# 🎙️ Voice Detection Model Trainer

This sub-project is dedicated to fine-tuning a custom AI Voice Detection model tailored to your specific audio samples and languages (Tamil, English, Hindi, Malayalam, Telugu).

## 🏗️ Architecture
- **Base Model**: `facebook/wav2vec2-large-xlsr-53` (Multilingual)
- **Task**: Audio Classification (Binary: HUMAN vs AI_GENERATED)

## 📁 Directory Structure
- `data/`: Put your training audio files here.
    - `real/`: Human voice samples.
    - `fake/`: AI generated voice samples.
- `output/`: Fine-tuned model checkpoints will be saved here.
- `train.py`: Main fine-tuning script.
- `prepare_data.py`: Script to convert audio folders into Hugging Face datasets.

## 🚀 Getting Started
1. **Collect Data**: The more data you have, the better the accuracy.

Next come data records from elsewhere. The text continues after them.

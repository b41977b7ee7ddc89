-- ===== src/Chunk/Document.antt =====
-- The JSON document of a task, from the client to the server.
use ua_rate_throttling.Common.{
  ℕ, ◌^◌, ◌<◌, ◌≡◌, refl, ap, some, List, Bytes, codes, length, All, arith,
}
use ua_rate_throttling.Queue.{read_request}
use ua_rate_throttling.Queue.Libraries.{Host}
use ua_rate_throttling.Queue.Documented.{same, IsDistinct}
use ua_rate_throttling.Chunk.{document, members}
use ua_rate_throttling.Chunk.Libraries.{Stack}
use ua_rate_throttling.Chunk.Documented.{find, keys, Documented, IsByte, IsText}

module _ (host : Host) (stack : Stack host) (d : Documented host stack) (channel_id request_id : ℕ)
    (dst : Bytes) (small : channel_id < 2 ^ 32) (small' : request_id < 2 ^ 32)
    (short : length dst < 2 ^ 63) (bytes : All IsByte dst) where
  abbrev task : List (Bytes × host.Json)
  task = members host stack channel_id request_id dst (length dst)

  task-IsDistinct : IsDistinct (keys task)
  unfolding same
  task-IsDistinct = (refl, (refl, (refl, (refl, tt))))

  task-IsJson : All (λ m. All IsText m.0 × d.IsJson m.1) task
  task-IsJson = (
    (omega arith, d.integer-IsJson channel_id (omega arith)),
    (
      (omega arith, d.integer-IsJson request_id (omega arith)),
      (
        (omega arith, d.string-IsJson (stack.base64_encode dst) (d.base64_text dst bytes)),
        ((omega arith, d.integer-IsJson (length dst) short), tt),
      ),
    ),
  )

  get_member : (key : Bytes) → host.json_object_get (stack.json_object task) key ≡ find key task
  get_member key = d.gets task key task-IsJson task-IsDistinct

  load_task :
      host.json_loads (document host stack channel_id request_id dst (length dst))
      ≡ some (stack.json_object task)
  unfolding document
  load_task = d.loads_dumps task task-IsJson task-IsDistinct

  get_channel :
      host.json_object_get (stack.json_object task) (codes "channelId")
      ≡ some (stack.json_integer channel_id)
  unfolding same
  get_channel = get_member (codes "channelId")

  get_dst :
      host.json_object_get (stack.json_object task) (codes "dst")
      ≡ some (stack.json_string (stack.base64_encode dst))
  unfolding same
  get_dst = get_member (codes "dst")

-- The server reads off a task what the client put there: for each channel, request and chunk of
-- bytes it gets the id of the channel and the bytes of the chunk.
pub read_request-document :
    (host : Host) (stack : Stack host) (d : Documented host stack) (channel_id request_id : ℕ)
    (dst : Bytes)
    → channel_id < 2 ^ 32
    → request_id < 2 ^ 32
    → length dst < 2 ^ 63
    → All IsByte dst
    → read_request host (document host stack channel_id request_id dst (length dst))
      ≡ some (channel_id, record { length = length dst; bytes = some dst })
unfolding read_request
read_request-document host stack d channel_id request_id dst small small' short bytes =
    rw
      (
        load_task host stack d channel_id request_id dst small small' short bytes,
        get_dst host stack d channel_id request_id dst small small' short bytes,
        get_channel host stack d channel_id request_id dst small small' short bytes,
        d.string_value (stack.base64_encode dst) (d.base64_text dst bytes),
        d.integer_value channel_id (omega arith),
        d.base64_lem dst bytes,
      )
      (ap (λ (k : ℕ). some (k, record { length = length dst; bytes = some dst })) (omega arith))
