-- ===== src/Guid.antt =====
-- The GUID of the redundancy group: how `zkUA_readConfFile` (src/zk_cli.c) cuts it out of the
-- configuration file, and how UA_PRINTF_GUID_FORMAT (include/open62541.h) prints it into a path.
pub mod RoundTrip
use ua_rate_throttling.Common.{
  ℕ, zero, suc, ◌+◌, ◌%◌, ◌^◌, ◌<◌, ◌≡◌, List, [], ◌∷◌, ◌++◌, Bytes, codes, length, take, drop,
  get_or, All, ◌==◌, if◌then◌else◌, c_string,
}
use ua_rate_throttling.Common.Cstdlib.{strtoul, hex_digits}

-- `UA_Guid`; `data4` has eight bytes.
pub record Guid : Type 0 where
  pub data1 : ℕ
  pub data2 : ℕ
  pub data3 : ℕ
  pub data4 : List ℕ

-- The widths of the members.
pub record IsGuid (g : Guid) : Type 0 where
  pub data1_fits : g.data1 < 2 ^ 32
  pub data2_fits : g.data2 < 2 ^ 16
  pub data3_fits : g.data3 < 2 ^ 16
  pub data4_fits : All (λ b. b < 256) g.data4
  pub data4_size : length g.data4 ≡ 8

-- `memcpy(dst, argValue + offset, size)` and a terminator. The buffer behind a short value holds
-- zeros, so what is cut there ends early.
cut : ℕ → ℕ → Bytes → Bytes
cut offset size value = take size (drop offset value)

-- The loop over `data4`: a dash stands at offset 23.
read_data4 : ℕ → ℕ → Bytes → List ℕ
unfolding cut
read_data4 zero offset value = []
read_data4 (suc rounds) offset value =
    let start = if offset == 23 then offset + 1 else offset in
    strtoul (cut start 2 value) 16 % 2 ^ 8 ∷ read_data4 rounds (start + 2) value

unfoldable pub parse_guid : Bytes → Guid
unfolding cut read_data4
parse_guid value = record {
  data1 = strtoul (cut 0 8 value) 16 % 2 ^ 32;
  data2 = strtoul (cut (8 + 1) 4 value) 16 % 2 ^ 16;
  data3 = strtoul (cut 14 4 value) 16 % 2 ^ 16;
  data4 = read_data4 8 19 value;
}

-- What stands between the braces: 8, 4, 4, 4 and 12 hexadecimal digits.
unfoldable pub guid_text : Guid → Bytes
guid_text g =
    hex_digits 8 g.data1
    ++ b'-' ∷ hex_digits 4 g.data2
    ++ b'-' ∷ hex_digits 4 g.data3
    ++ b'-' ∷ hex_digits 2 (get_or g.data4 0 0)
    ++ hex_digits 2 (get_or g.data4 1 0)
    ++ b'-' ∷ hex_digits 2 (get_or g.data4 2 0)
    ++ hex_digits 2 (get_or g.data4 3 0)
    ++ hex_digits 2 (get_or g.data4 4 0)
    ++ hex_digits 2 (get_or g.data4 5 0)
    ++ hex_digits 2 (get_or g.data4 6 0)
    ++ hex_digits 2 (get_or g.data4 7 0)

-- `printf(UA_PRINTF_GUID_FORMAT, UA_PRINTF_GUID_DATA(guid))`
unfoldable pub print_guid : Guid → Bytes
unfolding guid_text
print_guid g = b'{' ∷ guid_text g ++ b'}' ∷ []
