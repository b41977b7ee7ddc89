-- ===== src/Config.antt =====
-- The configuration file of client and server: `zkUA_readConfFile`, `zkUA_startsWith` and
-- `zkUA_Config` (src/zk_cli.c, include/zk_cli.h). The file is the list of its bytes, with no NUL.
pub mod Assign
pub mod Words
pub mod Settings
pub mod Path
use ua_rate_throttling.Common.{
  ℕ, zero, suc, ◌+◌, ◌≡◌, ◌||◌, Bool, true, false, Option, none, some, List, [], ◌∷◌, ◌++◌, Bytes,
  codes, length, ltb, leb, ◌==◌, if◌then◌else◌, ℤ, pos, negsuc, isspace, ◌&&◌,
}
use ua_rate_throttling.Common.Cstdlib.{strtol, skip_space}
use ua_rate_throttling.Guid.{Guid, parse_guid}

-- `zkUA_startsWith`: `strncmp` over the length of the prefix. No byte of the prefix is NUL, so a
-- line that ends inside it differs from it there.
unfoldable pub starts_with : Bytes → Bytes → Bool
starts_with line [] = true
starts_with [] (p ∷ prefix) = false
starts_with (c ∷ line) (p ∷ prefix) = c == p && starts_with line prefix

-- `zkUA_Config`. `ua_port` is the 64-bit pattern of a `long`, and a string is what its buffer holds.
pub record Config : Type 0 where
  pub ua_port : ℕ
  pub r_support : ℤ
  pub state : ℤ
  pub a_priority : Bool
  pub hostname : Bytes
  pub username : Bytes
  pub password : Bytes
  pub server_id : Bytes
  pub zookeeper_quorum : Bytes
  pub guid : Guid

-- What stands in the members before the first line is read.
abbrev pub init_config : Config
init_config = record {
  ua_port = 0;
  r_support = negsuc 0;
  state = negsuc 0;
  a_priority = false;
  hostname = [];
  username = [];
  password = [];
  server_id = [];
  zookeeper_quorum = [];
  guid = record { data1 = 0; data2 = 0; data3 = 0; data4 = 0 ∷ 0 ∷ 0 ∷ 0 ∷ 0 ∷ 0 ∷ 0 ∷ 0 ∷ [] };
}

-- The ladder under "RedundancyType".
unfoldable pub redundancy_of : Bytes → ℤ
unfolding starts_with
redundancy_of value =
    if starts_with value (codes "standalone")
    then pos 0
    else if starts_with value (codes "cold")
    then pos 1
    else if starts_with value (codes "warm")
    then pos 2
    else if starts_with value (codes "hot")
    then pos 3
    else if starts_with value (codes "transparent")
    then pos 4
    else if starts_with value (codes "hot+")
    then pos 5
    else negsuc 0

pub state_of : Bytes → ℤ
state_of value = if starts_with value (codes "active") then pos 1 else pos 0

-- One round of the loop behind `fscanf`: the ladder over the name of the argument.
unfoldable pub assign : Bytes → Bytes → Config → Config
assign argument value c =
    if starts_with argument (codes "Hostname")
    then record c { hostname = value }
    else if starts_with argument (codes "PortNumber")
    then record c { ua_port = strtol value 10 }
    else if starts_with argument (codes "GroupGUID")
    then record c { guid = parse_guid value }
    else if starts_with argument (codes "RedundancyType")
    then record c { r_support = redundancy_of value }
    else if starts_with argument (codes "State")
    then record c { state = state_of value }
    else if starts_with argument (codes "AvailabilityPriority")
    then record c { a_priority = starts_with value (codes "true") }
    else if starts_with argument (codes "Username")
    then record c { username = value }
    else if starts_with argument (codes "Password")
    then record c { password = value }
    else if starts_with argument (codes "ServerId")
    then record c { server_id = value }
    else if starts_with argument (codes "ZooKeeperQuorum")
    then record c { zookeeper_quorum = value }
    else c

-- `%s` stores the bytes up to the next space, and leaves the rest unread.
span_word : Bytes → Bytes × Bytes
unfolding isspace
span_word [] = ([], [])
span_word (c ∷ s) =
    let (word, rest) = span_word s in if isspace c then ([], c ∷ s) else (c ∷ word, rest)

next_word : Bytes → Bytes × Bytes
unfolding span_word skip_space
next_word s = span_word (skip_space s)

-- How reading the file ends. `%s` has no width, so a word that does not fit its buffer of 65535
-- bytes with its terminator is written past the end of it, and nothing is known from there on.
pub data Reading : Type 0 where
  exited : Reading
  overrun : Reading
  loaded : Config → Reading
  out_of_fuel : Reading

abbrev pub word_limit : ℕ
word_limit = 65535

-- The test of the loop behind a round: the file is at its end exactly if the white space that the
-- round read behind the value was the last of it.
until_end : (Bytes → Config → Reading) → Bytes → Config → Reading
until_end loop [] c = loaded c
until_end loop (d ∷ rest) c = loop (d ∷ rest) c

-- `while (!feof(confFile))`. The test before the first round passes. A word that is missing leaves
-- its buffer as `memset` left it, empty.
read_loop : ℕ → Bytes → Config → Reading
unfolding next_word until_end
read_loop zero s c = out_of_fuel
read_loop (suc fuel) s c =
    let (argument, s1) = next_word s in
    let (value, s2) = next_word s1 in
    if leb word_limit (length argument) || leb word_limit (length value)
    then overrun
    else until_end (read_loop fuel) (skip_space s2) (assign argument value c)

-- `zkUA_readConfFile`, from the bytes of the file or from a file that cannot be opened.
unfoldable pub read_conf_file : Option Bytes → Reading
unfolding read_loop
read_conf_file none = exited
read_conf_file (some s) = read_loop (length s + 1) s init_config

Aim for at least 100-500 samples per category per language.
2. **Setup Environment**:
   ```bash
   pip install transformers datasets torch torchaudio accelerate
   ```
3. **Run Training**:
   ```bash
   python train.py
   ```

## 🔧 Why a Custom Model?
The public models (`mo-thecreator`, etc.) are trained on general datasets. A custom model fine-tuned on **your specific AI voices** (e.g., from specific TTS engines you use) will have much higher accuracy for your use case.